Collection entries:

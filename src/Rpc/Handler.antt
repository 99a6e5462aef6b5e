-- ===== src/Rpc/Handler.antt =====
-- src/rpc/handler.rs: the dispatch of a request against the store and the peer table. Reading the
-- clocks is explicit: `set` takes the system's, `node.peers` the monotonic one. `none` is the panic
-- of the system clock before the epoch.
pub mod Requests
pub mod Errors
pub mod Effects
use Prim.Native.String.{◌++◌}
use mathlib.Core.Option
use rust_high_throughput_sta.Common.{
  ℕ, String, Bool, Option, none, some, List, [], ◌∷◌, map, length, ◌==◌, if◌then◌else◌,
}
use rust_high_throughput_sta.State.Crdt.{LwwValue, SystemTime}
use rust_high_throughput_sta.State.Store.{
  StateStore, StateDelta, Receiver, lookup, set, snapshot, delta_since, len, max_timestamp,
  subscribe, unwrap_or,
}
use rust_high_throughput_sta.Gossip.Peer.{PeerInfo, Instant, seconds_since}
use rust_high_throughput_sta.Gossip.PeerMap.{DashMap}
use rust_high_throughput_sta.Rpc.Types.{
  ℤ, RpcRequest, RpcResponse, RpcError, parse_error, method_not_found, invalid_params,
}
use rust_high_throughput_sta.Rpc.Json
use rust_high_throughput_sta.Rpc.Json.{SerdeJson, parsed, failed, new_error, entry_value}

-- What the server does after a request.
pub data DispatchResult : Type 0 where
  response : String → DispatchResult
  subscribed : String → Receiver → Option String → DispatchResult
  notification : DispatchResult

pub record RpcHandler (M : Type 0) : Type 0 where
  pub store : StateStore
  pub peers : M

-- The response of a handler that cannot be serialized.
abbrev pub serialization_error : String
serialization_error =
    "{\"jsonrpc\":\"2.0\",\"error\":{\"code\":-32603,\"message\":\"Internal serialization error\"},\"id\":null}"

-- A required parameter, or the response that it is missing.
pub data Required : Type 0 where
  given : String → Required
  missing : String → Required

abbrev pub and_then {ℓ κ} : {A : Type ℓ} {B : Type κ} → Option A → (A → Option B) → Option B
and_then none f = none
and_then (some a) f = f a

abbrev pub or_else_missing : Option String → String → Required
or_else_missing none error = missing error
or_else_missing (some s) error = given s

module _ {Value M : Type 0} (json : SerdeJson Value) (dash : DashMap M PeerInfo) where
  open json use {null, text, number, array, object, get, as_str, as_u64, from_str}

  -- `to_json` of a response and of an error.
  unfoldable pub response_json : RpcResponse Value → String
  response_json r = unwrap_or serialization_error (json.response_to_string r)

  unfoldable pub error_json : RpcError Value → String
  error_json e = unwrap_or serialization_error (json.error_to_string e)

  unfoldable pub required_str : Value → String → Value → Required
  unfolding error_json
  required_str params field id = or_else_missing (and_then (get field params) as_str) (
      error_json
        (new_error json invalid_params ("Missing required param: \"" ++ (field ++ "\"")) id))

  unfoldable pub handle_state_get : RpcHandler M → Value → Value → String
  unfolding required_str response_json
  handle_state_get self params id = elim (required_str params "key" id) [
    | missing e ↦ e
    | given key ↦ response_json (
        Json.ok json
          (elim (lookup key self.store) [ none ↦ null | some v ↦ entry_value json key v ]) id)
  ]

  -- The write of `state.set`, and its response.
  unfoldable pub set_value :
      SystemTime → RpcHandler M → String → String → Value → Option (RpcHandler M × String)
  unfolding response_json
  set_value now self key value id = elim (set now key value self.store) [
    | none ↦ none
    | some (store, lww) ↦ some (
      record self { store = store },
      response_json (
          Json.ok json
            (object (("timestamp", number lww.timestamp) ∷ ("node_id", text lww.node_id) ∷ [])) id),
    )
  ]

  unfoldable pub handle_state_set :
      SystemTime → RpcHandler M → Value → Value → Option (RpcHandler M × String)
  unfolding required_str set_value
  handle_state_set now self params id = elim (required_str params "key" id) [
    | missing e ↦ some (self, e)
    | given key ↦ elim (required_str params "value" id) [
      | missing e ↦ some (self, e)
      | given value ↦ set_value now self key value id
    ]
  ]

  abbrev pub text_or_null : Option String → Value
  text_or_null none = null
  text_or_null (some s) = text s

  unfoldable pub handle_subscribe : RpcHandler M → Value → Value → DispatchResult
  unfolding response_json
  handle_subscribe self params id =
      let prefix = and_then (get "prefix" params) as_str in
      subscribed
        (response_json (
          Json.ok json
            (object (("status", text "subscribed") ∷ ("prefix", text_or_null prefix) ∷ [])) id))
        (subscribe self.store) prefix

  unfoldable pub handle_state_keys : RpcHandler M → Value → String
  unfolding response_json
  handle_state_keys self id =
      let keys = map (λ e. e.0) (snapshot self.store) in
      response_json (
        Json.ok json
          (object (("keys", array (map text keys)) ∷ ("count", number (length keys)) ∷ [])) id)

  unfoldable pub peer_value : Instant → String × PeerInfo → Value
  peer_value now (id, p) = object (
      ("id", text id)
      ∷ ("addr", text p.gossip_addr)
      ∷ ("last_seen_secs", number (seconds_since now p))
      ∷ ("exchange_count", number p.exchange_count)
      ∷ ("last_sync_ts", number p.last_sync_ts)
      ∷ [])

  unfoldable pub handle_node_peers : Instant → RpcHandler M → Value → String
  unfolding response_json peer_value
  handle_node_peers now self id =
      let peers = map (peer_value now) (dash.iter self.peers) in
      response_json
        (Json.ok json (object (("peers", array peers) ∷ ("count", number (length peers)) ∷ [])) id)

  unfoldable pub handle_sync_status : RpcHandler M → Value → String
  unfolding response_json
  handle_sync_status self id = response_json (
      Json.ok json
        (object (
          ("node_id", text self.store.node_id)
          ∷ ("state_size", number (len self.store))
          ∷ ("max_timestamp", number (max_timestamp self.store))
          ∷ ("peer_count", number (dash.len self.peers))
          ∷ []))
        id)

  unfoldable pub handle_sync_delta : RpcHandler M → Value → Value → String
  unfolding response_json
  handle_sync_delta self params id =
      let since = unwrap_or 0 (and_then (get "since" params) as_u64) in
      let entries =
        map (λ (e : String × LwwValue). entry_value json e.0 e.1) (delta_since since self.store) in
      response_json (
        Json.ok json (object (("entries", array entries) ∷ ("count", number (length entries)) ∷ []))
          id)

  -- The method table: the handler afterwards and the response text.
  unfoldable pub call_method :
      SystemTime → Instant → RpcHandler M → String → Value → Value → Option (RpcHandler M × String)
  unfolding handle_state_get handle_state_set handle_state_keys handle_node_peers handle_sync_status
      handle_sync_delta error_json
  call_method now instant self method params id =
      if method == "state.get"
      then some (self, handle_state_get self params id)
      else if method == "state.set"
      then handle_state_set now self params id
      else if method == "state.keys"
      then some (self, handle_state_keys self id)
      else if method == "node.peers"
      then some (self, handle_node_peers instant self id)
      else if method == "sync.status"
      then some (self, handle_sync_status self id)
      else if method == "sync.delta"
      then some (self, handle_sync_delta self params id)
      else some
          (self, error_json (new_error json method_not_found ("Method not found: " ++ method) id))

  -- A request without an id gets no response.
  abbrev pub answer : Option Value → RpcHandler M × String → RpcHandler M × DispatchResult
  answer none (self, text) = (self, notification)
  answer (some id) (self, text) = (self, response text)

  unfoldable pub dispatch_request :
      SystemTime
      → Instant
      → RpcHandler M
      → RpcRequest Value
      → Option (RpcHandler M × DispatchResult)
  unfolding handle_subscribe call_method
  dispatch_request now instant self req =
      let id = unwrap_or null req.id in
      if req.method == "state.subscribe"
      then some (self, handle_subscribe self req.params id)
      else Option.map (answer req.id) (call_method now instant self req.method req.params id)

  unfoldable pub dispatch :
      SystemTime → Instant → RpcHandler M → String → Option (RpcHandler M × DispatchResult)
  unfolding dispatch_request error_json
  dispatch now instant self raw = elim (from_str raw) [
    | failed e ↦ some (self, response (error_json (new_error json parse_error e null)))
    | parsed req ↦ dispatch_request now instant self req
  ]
--
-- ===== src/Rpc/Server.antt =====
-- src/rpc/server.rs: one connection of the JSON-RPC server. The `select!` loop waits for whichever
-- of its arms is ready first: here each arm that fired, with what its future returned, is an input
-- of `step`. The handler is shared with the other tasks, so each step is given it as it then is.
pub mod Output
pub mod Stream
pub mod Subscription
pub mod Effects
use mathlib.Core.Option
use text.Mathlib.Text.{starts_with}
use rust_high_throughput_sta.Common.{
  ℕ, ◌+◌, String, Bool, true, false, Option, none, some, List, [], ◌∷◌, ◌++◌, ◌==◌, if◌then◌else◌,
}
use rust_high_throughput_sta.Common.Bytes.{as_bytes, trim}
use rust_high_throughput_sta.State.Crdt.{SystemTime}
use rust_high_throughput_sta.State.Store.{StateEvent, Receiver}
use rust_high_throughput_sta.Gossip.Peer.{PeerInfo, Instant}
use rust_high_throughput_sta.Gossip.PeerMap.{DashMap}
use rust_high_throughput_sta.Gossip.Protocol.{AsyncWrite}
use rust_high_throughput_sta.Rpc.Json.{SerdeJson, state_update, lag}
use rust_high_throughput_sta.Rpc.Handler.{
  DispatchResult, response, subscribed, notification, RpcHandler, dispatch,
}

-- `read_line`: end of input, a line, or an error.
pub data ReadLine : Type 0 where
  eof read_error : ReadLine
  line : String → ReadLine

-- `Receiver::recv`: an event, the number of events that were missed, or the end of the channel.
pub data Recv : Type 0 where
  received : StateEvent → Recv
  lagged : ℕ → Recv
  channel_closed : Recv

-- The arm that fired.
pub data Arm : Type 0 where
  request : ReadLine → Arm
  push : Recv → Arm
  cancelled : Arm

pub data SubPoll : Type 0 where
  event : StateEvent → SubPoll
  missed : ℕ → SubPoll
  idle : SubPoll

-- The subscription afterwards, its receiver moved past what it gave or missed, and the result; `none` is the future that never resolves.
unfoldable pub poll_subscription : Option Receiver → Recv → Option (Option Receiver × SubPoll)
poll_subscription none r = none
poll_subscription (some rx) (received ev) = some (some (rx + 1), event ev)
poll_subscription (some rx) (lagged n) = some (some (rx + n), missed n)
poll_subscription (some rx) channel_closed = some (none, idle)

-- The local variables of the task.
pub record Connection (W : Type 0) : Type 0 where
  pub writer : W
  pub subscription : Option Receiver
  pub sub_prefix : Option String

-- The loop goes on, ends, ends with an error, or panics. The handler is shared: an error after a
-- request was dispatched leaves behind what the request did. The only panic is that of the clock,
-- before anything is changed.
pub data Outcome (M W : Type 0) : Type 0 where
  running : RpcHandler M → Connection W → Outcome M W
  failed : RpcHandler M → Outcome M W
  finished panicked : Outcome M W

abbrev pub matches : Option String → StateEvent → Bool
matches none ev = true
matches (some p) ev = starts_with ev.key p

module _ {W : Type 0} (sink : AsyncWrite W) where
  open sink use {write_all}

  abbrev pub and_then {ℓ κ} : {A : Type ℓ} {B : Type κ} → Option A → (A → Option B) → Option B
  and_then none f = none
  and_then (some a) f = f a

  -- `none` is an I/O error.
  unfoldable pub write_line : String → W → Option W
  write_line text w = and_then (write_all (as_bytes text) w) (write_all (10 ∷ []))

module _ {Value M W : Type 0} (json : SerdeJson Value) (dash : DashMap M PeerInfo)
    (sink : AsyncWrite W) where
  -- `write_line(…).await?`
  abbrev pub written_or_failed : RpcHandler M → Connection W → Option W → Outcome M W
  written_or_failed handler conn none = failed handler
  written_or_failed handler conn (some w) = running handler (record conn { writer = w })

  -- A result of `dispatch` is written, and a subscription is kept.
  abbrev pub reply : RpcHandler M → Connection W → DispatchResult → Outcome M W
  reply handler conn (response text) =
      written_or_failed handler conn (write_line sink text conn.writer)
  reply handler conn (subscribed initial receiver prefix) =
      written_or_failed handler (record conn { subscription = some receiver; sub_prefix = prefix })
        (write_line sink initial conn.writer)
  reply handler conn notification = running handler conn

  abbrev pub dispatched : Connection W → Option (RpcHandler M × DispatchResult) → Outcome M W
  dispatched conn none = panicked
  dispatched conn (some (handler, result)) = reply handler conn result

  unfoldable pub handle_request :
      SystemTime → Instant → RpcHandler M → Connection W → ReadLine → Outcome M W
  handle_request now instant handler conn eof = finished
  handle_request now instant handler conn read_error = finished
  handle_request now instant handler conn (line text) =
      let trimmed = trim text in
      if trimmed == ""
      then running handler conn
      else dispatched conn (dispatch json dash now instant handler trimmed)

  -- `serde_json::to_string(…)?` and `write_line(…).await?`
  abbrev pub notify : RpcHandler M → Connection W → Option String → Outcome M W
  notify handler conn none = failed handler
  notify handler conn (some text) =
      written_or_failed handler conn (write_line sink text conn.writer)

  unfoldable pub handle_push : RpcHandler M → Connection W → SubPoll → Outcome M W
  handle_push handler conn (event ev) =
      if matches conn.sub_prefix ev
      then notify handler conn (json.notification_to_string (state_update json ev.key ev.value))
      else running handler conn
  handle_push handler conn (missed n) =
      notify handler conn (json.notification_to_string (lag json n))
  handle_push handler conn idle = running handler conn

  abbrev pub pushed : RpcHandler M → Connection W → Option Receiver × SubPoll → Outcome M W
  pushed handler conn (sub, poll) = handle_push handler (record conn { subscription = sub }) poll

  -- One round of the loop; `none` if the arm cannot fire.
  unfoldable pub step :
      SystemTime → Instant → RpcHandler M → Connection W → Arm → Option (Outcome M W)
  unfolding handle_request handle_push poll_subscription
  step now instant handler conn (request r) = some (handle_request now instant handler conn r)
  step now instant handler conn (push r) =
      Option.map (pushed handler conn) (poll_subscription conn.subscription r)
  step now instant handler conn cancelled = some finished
==
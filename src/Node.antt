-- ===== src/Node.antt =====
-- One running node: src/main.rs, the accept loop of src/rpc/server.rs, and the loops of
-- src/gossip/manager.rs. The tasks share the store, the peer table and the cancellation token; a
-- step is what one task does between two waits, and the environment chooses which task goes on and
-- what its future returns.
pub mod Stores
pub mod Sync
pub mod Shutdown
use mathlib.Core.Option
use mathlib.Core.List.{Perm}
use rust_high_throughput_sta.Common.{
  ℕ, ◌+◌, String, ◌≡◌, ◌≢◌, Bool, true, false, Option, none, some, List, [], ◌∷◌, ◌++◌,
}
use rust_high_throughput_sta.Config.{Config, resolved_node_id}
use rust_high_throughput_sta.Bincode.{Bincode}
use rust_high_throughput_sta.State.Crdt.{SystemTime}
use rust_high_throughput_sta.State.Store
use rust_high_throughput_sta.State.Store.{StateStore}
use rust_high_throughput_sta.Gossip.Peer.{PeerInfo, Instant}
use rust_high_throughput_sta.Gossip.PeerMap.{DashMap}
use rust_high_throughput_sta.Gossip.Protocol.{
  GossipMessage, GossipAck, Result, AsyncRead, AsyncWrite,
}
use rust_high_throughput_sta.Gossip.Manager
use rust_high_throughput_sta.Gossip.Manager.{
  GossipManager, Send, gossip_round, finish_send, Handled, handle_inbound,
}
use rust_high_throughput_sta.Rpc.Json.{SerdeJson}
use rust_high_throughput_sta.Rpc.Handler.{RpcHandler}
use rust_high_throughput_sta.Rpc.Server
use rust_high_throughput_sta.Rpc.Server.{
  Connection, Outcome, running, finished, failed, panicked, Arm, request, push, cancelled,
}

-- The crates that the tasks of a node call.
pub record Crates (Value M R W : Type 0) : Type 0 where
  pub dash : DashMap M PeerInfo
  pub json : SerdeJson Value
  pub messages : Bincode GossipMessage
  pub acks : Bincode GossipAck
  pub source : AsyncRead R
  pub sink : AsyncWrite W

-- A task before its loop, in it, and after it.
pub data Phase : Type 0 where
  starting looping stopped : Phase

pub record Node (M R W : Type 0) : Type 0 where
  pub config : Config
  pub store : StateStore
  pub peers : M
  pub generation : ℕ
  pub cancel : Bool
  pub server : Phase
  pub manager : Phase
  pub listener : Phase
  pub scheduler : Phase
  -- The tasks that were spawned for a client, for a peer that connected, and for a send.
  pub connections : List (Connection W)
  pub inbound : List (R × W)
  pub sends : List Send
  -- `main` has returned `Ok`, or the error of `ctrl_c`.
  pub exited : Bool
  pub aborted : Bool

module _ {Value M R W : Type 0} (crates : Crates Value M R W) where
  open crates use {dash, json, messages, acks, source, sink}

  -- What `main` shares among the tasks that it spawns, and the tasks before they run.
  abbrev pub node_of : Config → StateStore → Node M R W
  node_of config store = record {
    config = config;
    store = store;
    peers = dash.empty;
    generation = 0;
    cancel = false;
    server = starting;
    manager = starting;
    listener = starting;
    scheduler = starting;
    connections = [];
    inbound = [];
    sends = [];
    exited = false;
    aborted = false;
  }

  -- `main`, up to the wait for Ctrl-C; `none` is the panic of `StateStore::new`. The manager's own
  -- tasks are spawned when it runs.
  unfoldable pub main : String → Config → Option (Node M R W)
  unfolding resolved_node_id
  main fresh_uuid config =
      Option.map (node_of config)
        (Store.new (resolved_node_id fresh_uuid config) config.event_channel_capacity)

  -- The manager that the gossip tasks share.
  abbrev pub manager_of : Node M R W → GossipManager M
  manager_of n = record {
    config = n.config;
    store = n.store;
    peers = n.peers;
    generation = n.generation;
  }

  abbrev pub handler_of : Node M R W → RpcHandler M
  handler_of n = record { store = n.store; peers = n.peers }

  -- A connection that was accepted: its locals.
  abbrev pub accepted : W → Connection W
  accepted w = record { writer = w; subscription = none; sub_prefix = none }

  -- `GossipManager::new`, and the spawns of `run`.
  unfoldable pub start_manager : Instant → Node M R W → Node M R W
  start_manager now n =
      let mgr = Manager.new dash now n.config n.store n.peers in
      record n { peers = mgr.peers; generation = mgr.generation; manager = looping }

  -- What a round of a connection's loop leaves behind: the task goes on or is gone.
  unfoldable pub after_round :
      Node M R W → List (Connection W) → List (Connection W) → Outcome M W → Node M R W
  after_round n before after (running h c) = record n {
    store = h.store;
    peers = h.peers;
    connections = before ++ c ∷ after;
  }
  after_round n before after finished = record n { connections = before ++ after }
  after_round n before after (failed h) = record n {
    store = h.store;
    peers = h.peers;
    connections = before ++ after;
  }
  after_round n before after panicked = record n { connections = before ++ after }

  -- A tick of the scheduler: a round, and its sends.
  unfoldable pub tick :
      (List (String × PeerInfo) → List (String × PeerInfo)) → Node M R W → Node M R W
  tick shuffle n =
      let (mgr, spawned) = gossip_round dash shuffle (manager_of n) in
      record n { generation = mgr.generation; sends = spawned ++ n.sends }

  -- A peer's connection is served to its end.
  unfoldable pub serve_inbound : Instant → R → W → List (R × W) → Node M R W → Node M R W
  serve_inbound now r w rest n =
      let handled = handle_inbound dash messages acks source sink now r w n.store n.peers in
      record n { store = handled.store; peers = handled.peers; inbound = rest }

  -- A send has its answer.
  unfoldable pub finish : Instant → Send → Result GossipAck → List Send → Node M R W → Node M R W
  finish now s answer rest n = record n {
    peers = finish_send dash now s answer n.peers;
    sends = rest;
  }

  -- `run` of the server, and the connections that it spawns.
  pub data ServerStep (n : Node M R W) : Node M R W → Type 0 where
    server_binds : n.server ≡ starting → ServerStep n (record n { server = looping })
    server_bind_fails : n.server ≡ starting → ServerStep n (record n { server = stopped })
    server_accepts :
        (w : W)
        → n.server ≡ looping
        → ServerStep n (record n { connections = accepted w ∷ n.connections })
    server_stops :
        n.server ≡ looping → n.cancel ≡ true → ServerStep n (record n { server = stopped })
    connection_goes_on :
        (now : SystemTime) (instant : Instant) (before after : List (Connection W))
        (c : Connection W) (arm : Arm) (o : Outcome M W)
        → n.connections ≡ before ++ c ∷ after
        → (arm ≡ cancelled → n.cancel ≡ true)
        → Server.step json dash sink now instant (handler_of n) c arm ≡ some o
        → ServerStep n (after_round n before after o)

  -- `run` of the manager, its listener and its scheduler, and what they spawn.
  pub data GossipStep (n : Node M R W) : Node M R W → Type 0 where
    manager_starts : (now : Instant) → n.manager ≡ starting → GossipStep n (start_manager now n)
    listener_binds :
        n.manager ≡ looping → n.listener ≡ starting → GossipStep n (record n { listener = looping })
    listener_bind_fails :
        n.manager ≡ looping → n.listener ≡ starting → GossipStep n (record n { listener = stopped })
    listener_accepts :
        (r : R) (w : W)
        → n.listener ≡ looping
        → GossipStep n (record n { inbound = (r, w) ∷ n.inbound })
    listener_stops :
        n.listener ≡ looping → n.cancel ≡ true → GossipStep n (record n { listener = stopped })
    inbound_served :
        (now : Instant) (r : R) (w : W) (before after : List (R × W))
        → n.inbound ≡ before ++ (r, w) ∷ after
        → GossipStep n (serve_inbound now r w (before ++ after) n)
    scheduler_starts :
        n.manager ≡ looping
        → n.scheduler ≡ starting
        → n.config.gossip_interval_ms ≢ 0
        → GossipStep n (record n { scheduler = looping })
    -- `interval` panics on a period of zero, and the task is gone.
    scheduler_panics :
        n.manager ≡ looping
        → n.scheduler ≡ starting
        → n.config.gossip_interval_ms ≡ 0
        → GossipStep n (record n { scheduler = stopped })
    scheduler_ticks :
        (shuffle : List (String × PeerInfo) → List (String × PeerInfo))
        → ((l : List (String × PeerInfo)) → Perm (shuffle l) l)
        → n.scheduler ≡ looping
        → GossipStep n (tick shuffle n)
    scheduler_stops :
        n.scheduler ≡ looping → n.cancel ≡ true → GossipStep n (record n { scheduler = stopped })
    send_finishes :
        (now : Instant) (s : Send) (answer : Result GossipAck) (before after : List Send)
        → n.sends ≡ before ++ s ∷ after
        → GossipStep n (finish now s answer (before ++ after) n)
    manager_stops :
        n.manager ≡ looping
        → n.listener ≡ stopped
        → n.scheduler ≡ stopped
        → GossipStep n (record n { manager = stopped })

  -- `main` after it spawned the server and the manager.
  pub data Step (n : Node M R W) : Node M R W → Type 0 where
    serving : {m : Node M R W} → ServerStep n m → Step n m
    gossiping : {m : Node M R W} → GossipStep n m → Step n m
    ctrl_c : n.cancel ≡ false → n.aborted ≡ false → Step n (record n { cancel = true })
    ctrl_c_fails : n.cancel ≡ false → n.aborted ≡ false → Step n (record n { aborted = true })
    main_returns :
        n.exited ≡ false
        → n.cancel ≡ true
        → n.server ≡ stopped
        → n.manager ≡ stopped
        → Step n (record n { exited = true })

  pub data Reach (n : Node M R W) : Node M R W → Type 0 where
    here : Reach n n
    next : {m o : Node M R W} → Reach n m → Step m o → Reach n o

# [WHAT THE TASK REQUIRES]
Give back, word for word, only the lines above from the line holding "ctrl_c : n.cancel" to the line holding "pub data Reach", both included.

# [TASK RESPONSE]
    ctrl_c : n.cancel ≡ false → n.aborted ≡ false → Step n (record n { cancel = true })
    ctrl_c_fails : n.cancel ≡ false → n.aborted ≡ false → Step n (record n { aborted = true })
    main_returns :
        n.exited ≡ false
        → n.cancel ≡ true
        → n.server ≡ stopped
        → n.manager ≡ stopped
        → Step n (record n { exited = true })

  pub data Reach (n : Node M R W) : Node M R W → Type 0 where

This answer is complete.